Com a mudança no teto, aliados do governo pretendem, além de pagar R$ 400 a 17 milhões de beneficiários do Bolsa Família, aumentar os recursos para obras de indicação dos parlamentares governistas, elevar o fundo eleitoral de R$ 2,1 bilhões para R$ 5 bilhões, cobrir o reajuste de despesas obrigatórias (como salário mínimo) e abrir espaço para outros gastos, como manter a desoneração da folha de salários de 17 setores.
O MDB propôs requerimento para suprimir todas as mudanças no teto. “Esse destaque preserva a responsabilidade fiscal. Dá a oportunidade dos deputados que defendem o liberalismo defendam o teto de gastos”, disse o líder do MDB, Isnaldo Bulhões (AL). “A narrativa sobre o propósito para aprovação dessa PEC é a criação de um programa social para substituir o Bolsa Família. Isso pode ser feito só com a mudança nos precatórios”, afirmou.
O relator, deputado Hugo Motta (Republicanos-PB), defendeu que a pandemia obrigou o governo a antecipar a revisão da regra – a possibilidade de mudar o indexador que corrige o teto em 2026 será revogada caso a PEC seja aprovada. “Esse deputado votou a favor do teto de gastos e entende a necessidade do rigor fiscal, estar com as finanças públicas equilibradas, mas a pandemia prejudicou as famílias e obrigou a antecipação da revisão para 2021”, disse.

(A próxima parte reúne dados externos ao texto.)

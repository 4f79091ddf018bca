-- ===== src/Protocol/Tests/Specs/Journals.antt =====
-- A journal of one judge and one candidate: the first pass, and an override of it.
use llm_evaluation_lab.Base.{String, true, false, ◌≡◌, refl, List, [], ◌∷◌, str_eq, if◌then◌else◌}
use llm_evaluation_lab.Base.Result.{Result, ok, err}
use llm_evaluation_lab.Json.{Json, null, bool, str, arr, obj, nil, Fields, array, has, get, truthy}
use llm_evaluation_lab.Cup.Contracts.{Runtime}
use llm_evaluation_lab.Cup.Error.{Error, value_error}
use llm_evaluation_lab.Protocol.Numbers.{number_lt}
use llm_evaluation_lab.Protocol.Schema.{text_length, each_field, each_item, check_kinds}
use llm_evaluation_lab.Protocol.Event.{object_of}
use llm_evaluation_lab.Protocol.Controls.{fields_of}
use llm_evaluation_lab.Protocol.Pool.{Unicode}
use llm_evaluation_lab.Protocol.Package.{validate_package}
use llm_evaluation_lab.Protocol.Journal.{
  Entry, first_pass, human_override, JudgmentJournal, journal, append_entry,
}
use llm_evaluation_lab.Protocol.Journal.Phases.{IsPhased, journal-IsPhased}
use llm_evaluation_lab.Protocol.Tests.{texts}
use llm_evaluation_lab.Protocol.Tests.Specs.{ref, strings, judgment_document, runtime, clock}

abbrev pub policy : Json
policy = obj (
    object_of (
      ("id", str "p")
      ∷ ("version", str "1")
      ∷ ("normalization", str "NFKC_CASEFOLD_WHITESPACE_V1")
      ∷ ("identity_fields", strings ("name" ∷ []))
      ∷ ("visible_fields", strings ("name" ∷ []))
      ∷ ("collision_policy", str "UNKNOWN_IDENTITY")
      ∷ ("ordering", str "CANDIDATE_ID_ASC")
      ∷ []))

abbrev evidence : Json
evidence = arr (array (ref ∷ []))

abbrev candidate : Json
candidate = obj (
    object_of (
      ("candidate_id", str "candidate-f")
      ∷ ("fields", obj (object_of (("name", str "acme") ∷ [])))
      ∷ ("evidence", evidence)
      ∷ []))

abbrev pool : Json
pool = obj (
    object_of (
      ("schema_id", str "search-candidate-pool/v2")
      ∷ ("policy", policy)
      ∷ ("candidates", arr (array (candidate ∷ [])))
      ∷ ("collisions", arr nil)
      ∷ ("canonical_fingerprint", str "f")
      ∷ []))

abbrev rubric : Json
rubric = obj (
    object_of (
      ("id", str "r")
      ∷ ("version", str "1")
      ∷ (
        "dimensions",
        arr (
            array (
              obj (
                object_of (
                  ("id", str "fit")
                  ∷ ("allowed_values", strings ("YES" ∷ "NO" ∷ []))
                  ∷ ("evidence_threshold", str "one")
                  ∷ ("unknown_rule", str "INSUFFICIENT_EVIDENCE_NOT_NEGATIVE")
                  ∷ ("hard_constraint", bool true)
                  ∷ ("satisfying_values", strings ("YES" ∷ []))
                  ∷ []))
              ∷ [])),
      )
      ∷ ("confidence_allowed", bool false)
      ∷ ("hard_constraints_first", bool true)
      ∷ (
        "aggregation",
        obj (
            object_of (
              ("method", str "m")
              ∷ ("tie_policy", str "ADJUDICATE")
              ∷ ("unknown_policy", str "PRESERVE")
              ∷ ("frozen_before_outputs", bool true)
              ∷ [])),
      )
      ∷ []))

abbrev adjudication : Json
adjudication = obj (
    object_of (
      ("id", str "a")
      ∷ ("version", str "1")
      ∷ ("allowed", bool true)
      ∷ ("triggers", strings ("CONTRADICTION" ∷ []))
      ∷ ("thresholds", ref)
      ∷ ("evidence_policy", str "FROZEN_PACKET_ONLY")
      ∷ ("append_only", bool true)
      ∷ []))

abbrev packet : Json
packet = obj (
    object_of (
      ("id", str "e")
      ∷ ("version", str "1")
      ∷ (
        "entries",
        arr (
            array (
              obj (
                object_of (
                  ("reference", ref)
                  ∷ ("excerpt", str "x")
                  ∷ ("captured_at", str "2026")
                  ∷ ("locator", str "l")
                  ∷ ("corpus_fingerprint", null)
                  ∷ []))
              ∷ [])),
      )
      ∷ []))

abbrev overlay : Json
overlay = obj (
    object_of (
      ("kind", str "SYNTHETIC")
      ∷ ("corpus", null)
      ∷ ("reference_set", null)
      ∷ ("capture_cutoff", null)
      ∷ ("adjudication_time", null)
      ∷ ("drift_policy", null)
      ∷ []))

abbrev bundle : Fields
bundle = object_of (
    ("schema_id", str "search-judgment-package/v2")
    ∷ ("candidate_pool", pool)
    ∷ ("evidence_packet", packet)
    ∷ ("rubric", rubric)
    ∷ ("adjudication", adjudication)
    ∷ ("output_schema", ref)
    ∷ ("resource_fingerprint", str "f")
    ∷ ("source_overlay", overlay)
    ∷ ("allowed_tools", arr nil)
    ∷ ("order_policy", str "CANDIDATE_ID_ASC")
    ∷ ("independent_first_pass", bool true)
    ∷ ("searchspec", obj judgment_document)
    ∷ ("canonical_fingerprint", str "f")
    ∷ [])

-- The canonical text is read back as the spec or as the package.
abbrev text_of_document : Json → String
text_of_document j = if truthy (get "spec_id" (fields_of j)) then "spec" else "bundle"

abbrev document_of_text : String → Result Error Json
document_of_text s = if str_eq s "spec" then ok (obj judgment_document) else ok (obj bundle)

abbrev bundle_runtime : Runtime
bundle_runtime = record runtime { dumps = text_of_document; loads = document_of_text }

abbrev pub unicode : Unicode
unicode = record { nfkc = λ s. s; casefold = λ s. s; split = λ s. s ∷ [] }

bundle_valid : validate_package bundle_runtime texts unicode clock bundle ≡ ok tt
unfolding validate_package text_length has each_field number_lt check_kinds each_item array truthy
    get
bundle_valid = refl

abbrev judge : Json
judge = obj (
    object_of (
      ("entrant_id", str "j1")
      ∷ ("provider", str "p")
      ∷ ("requested_model_id", str "m")
      ∷ ("resolved_model_id", str "m")
      ∷ ("resolution_status", str "KNOWN")
      ∷ ("identity_status", str "AS_REQUESTED")
      ∷ ("alias_evidence", null)
      ∷ ("endpoint_mode", str "e")
      ∷ ("config_fingerprint", str "f")
      ∷ []))

-- A first pass with this identifier and this state, its one dimension having this value.
abbrev judgment : String → String → String → Fields
judgment name state value = object_of (
    ("record_id", str name)
    ∷ ("run_id", str "run")
    ∷ ("candidate_id", str "candidate-f")
    ∷ ("judge_alias", str "j1")
    ∷ ("judge_identity", judge)
    ∷ ("package_fingerprint", str "f")
    ∷ ("rubric_fingerprint", str "f")
    ∷ ("state", str state)
    ∷ (
      "dimensions",
      arr (array (obj (object_of (("id", str "fit") ∷ ("value", str value) ∷ [])) ∷ [])),
    )
    ∷ ("confidence", null)
    ∷ ("evidence_used", evidence)
    ∷ ("reason_codes", strings ("r" ∷ []))
    ∷ ("failure_class", str "NONE")
    ∷ ("committed_at", str "2026")
    ∷ ("observed_peer_records", arr nil)
    ∷ ("canonical_fingerprint", str "f")
    ∷ [])

abbrev override : Fields
override = object_of (
    ("kind", str "HUMAN_OVERRIDE")
    ∷ ("candidate_id", str "candidate-f")
    ∷ ("prior_machine_fingerprints", strings ("f" ∷ []))
    ∷ ("adjudicator_alias", str "h")
    ∷ ("decision", str "REJECT")
    ∷ ("trigger", str "CONTRADICTION")
    ∷ ("reason_code", str "r")
    ∷ ("evidence_used", evidence)
    ∷ ("timestamp", str "2026")
    ∷ ("previous_journal_fingerprint", str "f")
    ∷ ("canonical_fingerprint", str "f")
    ∷ [])

abbrev entries : List Entry
entries = first_pass (judgment "r1" "ACCEPT" "YES") ∷ human_override override ∷ []

abbrev made : List Entry → JudgmentJournal
made es = record { bundle = bundle; judge_aliases = "j1" ∷ []; entries = es }

journal_made :
    journal bundle_runtime texts unicode clock bundle ("j1" ∷ []) entries ≡ ok (made entries)
unfolding journal text_length has each_field number_lt check_kinds each_item array truthy get
journal_made = refl

journal-IsPhased_example : IsPhased bundle ("j1" ∷ []) entries
journal-IsPhased_example =
    journal-IsPhased bundle_runtime texts unicode clock bundle ("j1" ∷ []) entries journal_made

-- A second first pass of the judge on the candidate, one that accepts against
-- a hard constraint; and an override before any first pass.
overwrite_refused :
    append_entry bundle_runtime texts unicode clock
      (made (first_pass (judgment "r1" "ACCEPT" "YES") ∷ []))
      (first_pass (judgment "r2" "REJECT" "NO"))
    ≡ err (value_error "first-pass overwrite forbidden")
unfolding append_entry text_length has each_field number_lt check_kinds each_item array truthy get
overwrite_refused = refl

hard_constraint_refused :
    append_entry bundle_runtime texts unicode clock
      (made [])
      (first_pass (judgment "r1" "ACCEPT" "NO"))
    ≡ err (value_error "hard constraints precede soft acceptance")
unfolding append_entry text_length has each_field number_lt check_kinds each_item array truthy get
hard_constraint_refused = refl

early_override_refused :
    append_entry bundle_runtime texts unicode clock (made []) (human_override override)
    ≡ err (value_error "all independent first passes required before adjudication")
unfolding append_entry text_length has each_field number_lt check_kinds each_item array truthy get
early_override_refused = refl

Apesar de terem votado contra o teto de gastos no governo Temer, os partidos de oposição se posicionaram contra a mudança da PEC. Para o deputado Ênio Verri (PT-PR), a PEC cria uma engenharia fiscal para permitir mais gastos para o governo e para o Centrão. “Isso é imoral, é uma mágica para financiar as emendas de relator”, disse.
Já o PSDB orientou a favor da mudança no teto de gastos, embora a direção do partido tenha criticado a PEC. “Quero cumprimentar o deputado Hugo Motta pelo excelente trabalho e votando a favor do pagamento de R$ 400 para 17 milhões de famílias que estão sem ter o que comer no dia a dia”, disse o deputado Célio Silveira (GO), que é vice-presidente do PSDB.
O deputado Mauro Filho (PDT-CE), secretário licenciado de Planejamento e Gestão do governo do Ceará, afirmou que a PEC abre brecha para o Congresso ampliar artificialmente as estimativas de inflação e jogar para o próximo governo, em 2023, a obrigatoriedade de cortar os gastos. “Vão estimar uma inflação de 11,5% e a oficial será de 9%. E a correção dessa discrepância ficará para 2023, quando deveria ser no ano em curso”, criticou.